You can always wrap Double.parseDouble() in a try catch block.

您始终可以将 Double.parseDouble() 包装在 try catch 块中。

try
{
  Double.parseDouble(number);
}
catch(NumberFormatException e)
{
  //not a double
}

Something like below should suffice :-

像下面这样的东西就足够了：-

String decimalPattern = "([0-9]*)\.([0-9]*)";  
String number="20.00";  
boolean match = Pattern.matches(decimalPattern, number);
System.out.println(match); //if true then decimal else not  

Apache, as usual, has a good answer from Apache Commons-Langin the form of NumberUtils.isCreatable(String).

Apache，像往常一样，有一个很好的答案 fromApache Commons-Lang的形式 NumberUtils.isCreatable(String)。

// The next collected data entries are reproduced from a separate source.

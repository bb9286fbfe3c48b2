-- ===== src/Base/Decimal.antt =====
-- strconv.Itoa and strconv.Atoi, on the bytes of the text.
use policy_manager.Base.Tests.{ltb, leb, eqb, if◌then◌else◌}
use policy_manager.Base.Int.{ℤ, pos, negsuc}
use policy_manager.Base.Lists.{All}
use Prim.Native.Nat.{ℕ, zero, suc, ◌+◌, ◌-◌, ◌*◌, ◌/◌, ◌%◌, ◌^◌, ◌≤◌, ◌<◌}
use mathlib.Core.Path.{◌≡◌, refl, ap, ◌∙◌}
use mathlib.Core.Bool.{Bool, true, false, ◌&&◌}
use mathlib.Core.Option.{Option, none, some}
use mathlib.Core.List.{List, [], ◌∷◌}
use native.Mathlib.Omega.{arith}

-- The decimal digits of a number before the bytes that are there, twenty at most.
digits : ℕ → ℕ → List ℕ → List ℕ
digits zero n out = out
digits (suc rounds) n out =
    if ltb n 10 then (b'0' + n) ∷ out else digits rounds (n / 10) ((b'0' + n % 10) ∷ out)

decimal : ℕ → List ℕ
unfolding digits
decimal n = digits 20 n []

unfoldable pub itoa : ℤ → List ℕ
unfolding decimal
itoa (pos n) = decimal n
itoa (negsuc n) = b'-' ∷ decimal (n + 1)

scan : List ℕ → ℕ → Option ℕ
scan [] acc = some acc
scan (c ∷ s) acc = if leb b'0' c && leb c b'9' then scan s (acc * 10 + (c - b'0')) else none

-- At least one digit, and nothing else.
unsigned : List ℕ → Option ℕ
unfolding scan
unsigned [] = none
unsigned (c ∷ s) = scan (c ∷ s) 0

-- The range of int64.
in_range : Option ℕ → Option ℤ
in_range none = none
in_range (some n) = if ltb n (2 ^ 63) then some (pos n) else none

negated : Option ℕ → Option ℤ
negated none = none
negated (some zero) = some (pos 0)
negated (some (suc n)) = if ltb n (2 ^ 63) then some (negsuc n) else none

unfoldable pub atoi : List ℕ → Option ℤ
unfolding unsigned in_range negated
atoi [] = none
atoi (c ∷ s) =
    if eqb c b'-'
    then negated (unsigned s)
    else if eqb c b'+'
    then in_range (unsigned s)
    else in_range (unsigned (c ∷ s))

pow10 : ℕ → ℕ
pow10 zero = 1
pow10 (suc k) = 10 * pow10 k

-- Reading the digits of a number leaves the number as the accumulator.
scan-digits :
    (rounds n : ℕ) (out : List ℕ) → n < pow10 rounds → scan (digits rounds n out) 0 ≡ scan out n
unfolding digits scan pow10
scan-digits zero n out h = ground arith
scan-digits (suc rounds) n out h =
    ground (arith, scan-digits rounds (n / 10) ((b'0' + n % 10) ∷ out))

abbrev StartsWithDigit : List ℕ → Type 0
StartsWithDigit [] = ⊥
StartsWithDigit (c ∷ s) = (b'0' ≤ c) × (c ≤ b'9')

-- A round puts a digit in front, whatever the test says.
if_digit :
    (b : Bool) (xs ys : List ℕ)
    → (b ≡ true → StartsWithDigit xs)
    → StartsWithDigit ys
    → StartsWithDigit (if b then xs else ys)
if_digit true xs ys h k = h refl
if_digit false xs ys h k = k

digits-StartsWithDigit :
    (rounds n c : ℕ) (out : List ℕ)
    → StartsWithDigit (c ∷ out)
    → StartsWithDigit (digits rounds n (c ∷ out))
unfolding digits
digits-StartsWithDigit zero n c out h = h
digits-StartsWithDigit (suc rounds) n c out h =
    if_digit (ltb n 10) ((b'0' + n) ∷ c ∷ out) (digits rounds (n / 10) ((b'0' + n % 10) ∷ c ∷ out))
      (λ small. ground arith)
      (digits-StartsWithDigit rounds (n / 10) (b'0' + n % 10) (c ∷ out) (omega arith))

decimal-StartsWithDigit : (n : ℕ) → StartsWithDigit (decimal n)
unfolding decimal
decimal-StartsWithDigit n =
    if_digit (ltb n 10) ((b'0' + n) ∷ []) (digits 19 (n / 10) ((b'0' + n % 10) ∷ []))
      (λ small. ground arith) (digits-StartsWithDigit 19 (n / 10) (b'0' + n % 10) [] (omega arith))

if_ascii :
    (b : Bool) (xs ys : List ℕ)
    → (b ≡ true → All (λ c. c < 128) xs)
    → All (λ c. c < 128) ys
    → All (λ c. c < 128) (if b then xs else ys)
if_ascii true xs ys h k = h refl
if_ascii false xs ys h k = k

digits-ascii :
    (rounds n : ℕ) (out : List ℕ)
    → All (λ c. c < 128) out
    → All (λ c. c < 128) (digits rounds n out)
unfolding digits
digits-ascii zero n out h = h
digits-ascii (suc rounds) n out h =
    if_ascii (ltb n 10) ((b'0' + n) ∷ out) (digits rounds (n / 10) ((b'0' + n % 10) ∷ out))
      (λ small. (ground arith, h))
      (digits-ascii rounds (n / 10) ((b'0' + n % 10) ∷ out) (omega arith, h))

pub itoa-ascii : (n : ℕ) → All (λ c. c < 128) (itoa (pos n))
unfolding itoa decimal
itoa-ascii n = digits-ascii 20 n [] tt

atoi-digits : (s : List ℕ) → StartsWithDigit s → atoi s ≡ in_range (scan s 0)
unfolding atoi unsigned
atoi-digits [] h = absurd h
atoi-digits (c ∷ s) h = ground arith

below : (n : ℕ) → n < 2 ^ 63 → n < pow10 20
unfolding pow10
below n h = omega arith

scan-nil : (n : ℕ) → scan [] n ≡ some n
unfolding scan
scan-nil n = refl

in_range-some : (n : ℕ) → n < 2 ^ 63 → in_range (some n) ≡ some (pos n)
unfolding in_range
in_range-some n h = ground arith

scan-decimal : (n : ℕ) → n < 2 ^ 63 → scan (decimal n) 0 ≡ some n
unfolding decimal
scan-decimal n h = scan-digits 20 n [] (below n h) ∙ scan-nil n

-- Every number that an int64 holds is read back from its decimal print.
pub atoi-itoa : (n : ℕ) → n < 2 ^ 63 → atoi (itoa (pos n)) ≡ some (pos n)
unfolding itoa
atoi-itoa n h =
    atoi-digits (decimal n) (decimal-StartsWithDigit n)
    ∙ ap in_range (scan-decimal n h)
    ∙ in_range-some n h
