-- ===== src/ArtNet/Server/Handlers.antt =====
-- The cleaning of the node tables and the handlers of the datagrams leave the coroutines in order
-- (custom_components/dmx/server/artnet_server.py).
use ha_artnet_led.Base.{
  ℕ, ◌+◌, refl, Bool, true, false, List, [], ◌∷◌, Option, some, none, arith, if◌then◌else◌, ltb,
  get_elem?,
}
use ha_artnet_led.Base.Action.{
  Holds, >>=-Holds, returns-Holds, current-Holds, value_of-Holds, if-Holds, only_if-Holds,
  each-Holds, ◌>>◌, change, nothing, only_if,
}
use ha_artnet_led.Base.Bytes.{Bytes}
use ha_artnet_led.Base.Dict.{Dict}
use ha_artnet_led.Base.Text.{Text}
use ha_artnet_led.ArtNet.Dmx.{ArtDmx}
use ha_artnet_led.ArtNet.Poll.{ArtPoll, DiagnosticsPriority}
use ha_artnet_led.ArtNet.Messages.{ArtCommand, ArtTrigger}
use ha_artnet_led.ArtNet.Server.{
  ArtNetServer, OwnPort, NodeKey, Node, key_of, port_address_eq, key_eq, bytes_beq,
  update_status_message,
}
use ha_artnet_led.ArtNet.Server.Replies.{update_subscribers}
use ha_artnet_led.ArtNet.Server.Sending.{modify_port, is_empty}
use ha_artnet_led.ArtNet.Server.Nodes.{
  remove_addresses, drop_stale, remove_stale_nodes, is_fresh, stale_keys,
}
use ha_artnet_led.ArtNet.Server.Receiving.{
  send_diagnostics, handle_poll, accept_dmx, handle_dmx, disable_input_flag, handle_command,
  apply_command, apply_pair, lstrip, rstrip, handle_trigger, set_received,
}
use ha_artnet_led.ArtNet.Server.Loops.{
  SameLoops, same_loops, Keeps, keeps, SameLoops-Keeps, calls-SameLoops, modify_port-SameLoops,
  status-SameLoops, update_subscribers-SameLoops,
}
use ha_artnet_led.ArtNet.Server.Registering.{change-SameLoops, remove_all-Keeps}

drop_stale-Keeps : (now : ℕ) (d : Dict NodeKey Node) → Holds Keeps (drop_stale now d)
unfolding drop_stale remove_addresses
drop_stale-Keeps now [] = returns-Holds keeps tt
drop_stale-Keeps now ((k, n) ∷ d) = if-Holds keeps (is_fresh now n) _ _ (drop_stale-Keeps now d) (
    >>=-Holds keeps _ _
      (>>=-Holds keeps _ _ (value_of-Holds keeps _)
        (λ addresses. remove_all-Keeps (key_of n) addresses))
      (λ _. drop_stale-Keeps now d))

pub remove_stale_nodes-Keeps : (now : ℕ) → Holds Keeps (remove_stale_nodes now)
unfolding remove_stale_nodes
remove_stale_nodes-Keeps now = >>=-Holds keeps _ _ (current-Holds keeps) (λ s.
    >>=-Holds keeps _ _ (drop_stale-Keeps now s.nodes_by_ip) (λ _.
      >>=-Holds keeps _ _
        (SameLoops-Keeps _
          (change-SameLoops _ (λ t. refl) (λ t. refl) (λ t. refl) (λ t. refl) (λ t. refl)))
        (λ _. SameLoops-Keeps _ (cleaned (is_empty (stale_keys now s.nodes_by_ip))))))
  where
    cleaned : (b : Bool) → Holds SameLoops (change (λ t. if b then t else update_status_message t))
    cleaned true = change-SameLoops _ (λ t. refl) (λ t. refl) (λ t. refl) (λ t. refl) (λ t. refl)
    cleaned false = status-SameLoops

send_diagnostics-SameLoops :
    (addr : Bytes) (priority : DiagnosticsPriority)
    → Holds SameLoops (send_diagnostics addr priority)
unfolding send_diagnostics
send_diagnostics-SameLoops addr priority = >>=-Holds same_loops _ _ (current-Holds same_loops) (λ s.
    >>=-Holds same_loops _ _ (value_of-Holds same_loops _) (λ diag_data.
      >>=-Holds same_loops _ _ (value_of-Holds same_loops _) (λ packet. calls-SameLoops _)))

pub handle_poll-SameLoops :
    (addr : Bytes) (poll : ArtPoll) → Holds SameLoops (handle_poll addr poll)
unfolding handle_poll
handle_poll-SameLoops addr poll = >>=-Holds same_loops _ _ (current-Holds same_loops) (λ s.
    if-Holds same_loops _ _ _ (returns-Holds same_loops tt) (
      >>=-Holds same_loops _ _
        (only_if-Holds same_loops _ _
          (change-SameLoops _ (λ t. refl) (λ t. refl) (λ t. refl) (λ t. refl) (λ t. refl)))
        (λ _. >>=-Holds same_loops _ _ (calls-SameLoops _) (λ _.
          only_if-Holds same_loops _ _ (send_diagnostics-SameLoops addr poll.diag_priority)))))

set_received-SameLoops :
    (r : ℕ) (b : Bool) → Holds SameLoops (change (modify_port r (set_received b)))
set_received-SameLoops r b = modify_port-SameLoops r (set_received b) (λ o. refl)

accept_dmx-SameLoops :
    (now : ℕ) (dmx : ArtDmx) (sender : Bytes) (r : ℕ) (o : OwnPort)
    → Holds SameLoops (accept_dmx now dmx sender r o)
unfolding accept_dmx
accept_dmx-SameLoops now dmx sender r o =
    >>=-Holds same_loops _ _
      (only_if-Holds same_loops _ _ (
        >>=-Holds same_loops _ _ (set_received-SameLoops r true)
          (λ _. update_subscribers-SameLoops)))
      (λ _. >>=-Holds same_loops _ _ (modify_port-SameLoops r _ (λ o. refl)) (λ _.
        >>=-Holds same_loops _ _ (calls-SameLoops _) (λ _.
          >>=-Holds same_loops _ _ (current-Holds same_loops)
            (λ s. only_if-Holds same_loops _ _ (calls-SameLoops _)))))

accept_for-SameLoops :
    (now : ℕ) (dmx : ArtDmx) (sender : Bytes) (s : ArtNetServer) (found : Option (ℕ × OwnPort))
    → Holds SameLoops (elim found [
      | none ↦ nothing
      | some (r, o) ↦ if bytes_beq sender s.own_ip then nothing else accept_dmx now dmx sender r o
    ])
accept_for-SameLoops now dmx sender s none = returns-Holds same_loops tt
accept_for-SameLoops now dmx sender s (some (r, o)) =
    if-Holds same_loops _ _ _ (returns-Holds same_loops tt)
      (accept_dmx-SameLoops now dmx sender r o)

pub handle_dmx-SameLoops :
    (now : ℕ) (dmx : ArtDmx) (sender : Bytes) → Holds SameLoops (handle_dmx now dmx sender)
unfolding handle_dmx
handle_dmx-SameLoops now dmx sender =
    >>=-Holds same_loops _ _ (current-Holds same_loops)
      (λ s. accept_for-SameLoops now dmx sender s _)

pub disable_input_flag-SameLoops : (now r : ℕ) → Holds SameLoops (disable_input_flag now r)
unfolding disable_input_flag
disable_input_flag-SameLoops now r =
    >>=-Holds same_loops _ _ (current-Holds same_loops) (λ s. silent (get_elem? s.store r))
  where
    silent :
        (found : Option OwnPort)
        → Holds SameLoops (elim found [
          | none ↦ nothing
          | some o ↦
              only_if
                (ltb (o.last_input_seen + 4000000) now)
                (change (modify_port r (set_received false)) >> update_subscribers)
        ])
    silent none = returns-Holds same_loops tt
    silent (some o) = only_if-Holds same_loops _ _ (
        >>=-Holds same_loops _ _ (set_received-SameLoops r false)
          (λ _. update_subscribers-SameLoops))

apply_pair-SameLoops : (parts : List Text) → Holds SameLoops (apply_pair parts)
apply_pair-SameLoops [] = value_of-Holds same_loops _
apply_pair-SameLoops (key ∷ []) = value_of-Holds same_loops _
apply_pair-SameLoops (key ∷ value ∷ []) =
    change-SameLoops _ (λ t. ground arith) (λ t. ground arith) (λ t. ground arith)
      (λ t. ground arith) (λ t. ground arith)
apply_pair-SameLoops (key ∷ value ∷ x ∷ xs) = value_of-Holds same_loops _

apply_command-SameLoops : (text : Text) → Holds SameLoops (apply_command text)
apply_command-SameLoops [] = returns-Holds same_loops tt
apply_command-SameLoops (x ∷ xs) = apply_pair-SameLoops _

pub handle_command-SameLoops : (c : ArtCommand) → Holds SameLoops (handle_command c)
unfolding handle_command
handle_command-SameLoops c =
    only_if-Holds same_loops _ _
      (each-Holds same_loops _ _ (λ text. apply_command-SameLoops (lstrip (rstrip text))))

pub handle_trigger-SameLoops :
    (decode_replacing : Bytes → Text) (t : ArtTrigger)
    → Holds SameLoops (handle_trigger decode_replacing t)
unfolding handle_trigger
handle_trigger-SameLoops decode_replacing t = calls-SameLoops _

Handles nulls, no try/catchblock required.

句柄nulls，不需要try/catch块。

All answers are OK, depending on how academic you want to be. If you wish to follow the Java specifications accurately, use the following:

所有答案都可以，这取决于您想成为的学术水平。如果您希望准确地遵循 Java 规范，请使用以下内容：

private static final Pattern DOUBLE_PATTERN = Pattern.compile(
    "[\x00-\x20]*[+-]?(NaN|Infinity|((((\p{Digit}+)(\.)?((\p{Digit}+)?)" +
    "([eE][+-]?(\p{Digit}+))?)|(\.((\p{Digit}+))([eE][+-]?(\p{Digit}+))?)|" +
    "(((0[xX](\p{XDigit}+)(\.)?)|(0[xX](\p{XDigit}+)?(\.)(\p{XDigit}+)))" +
    "[pP][+-]?(\p{Digit}+)))[fFdD]?))[\x00-\x20]*");

public static boolean isFloat(String s)
{
    return DOUBLE_PATTERN.matcher(s).matches();
}

This code is based on the JavaDocs at Double.

此代码基于Double处的 JavaDocs 。

Google's Guava library provides a nice helper method to do this: Doubles.tryParse(String). You use it like Double.parseDoublebut it returns nullrather than throwing an exception if the string does not parse to a double.

谷歌的番石榴库提供了一个很好的辅助方法来做到这一点：Doubles.tryParse(String)。您可以像这样使用它，Double.parseDouble但null如果字符串未解析为双精度值，它会返回而不是抛出异常。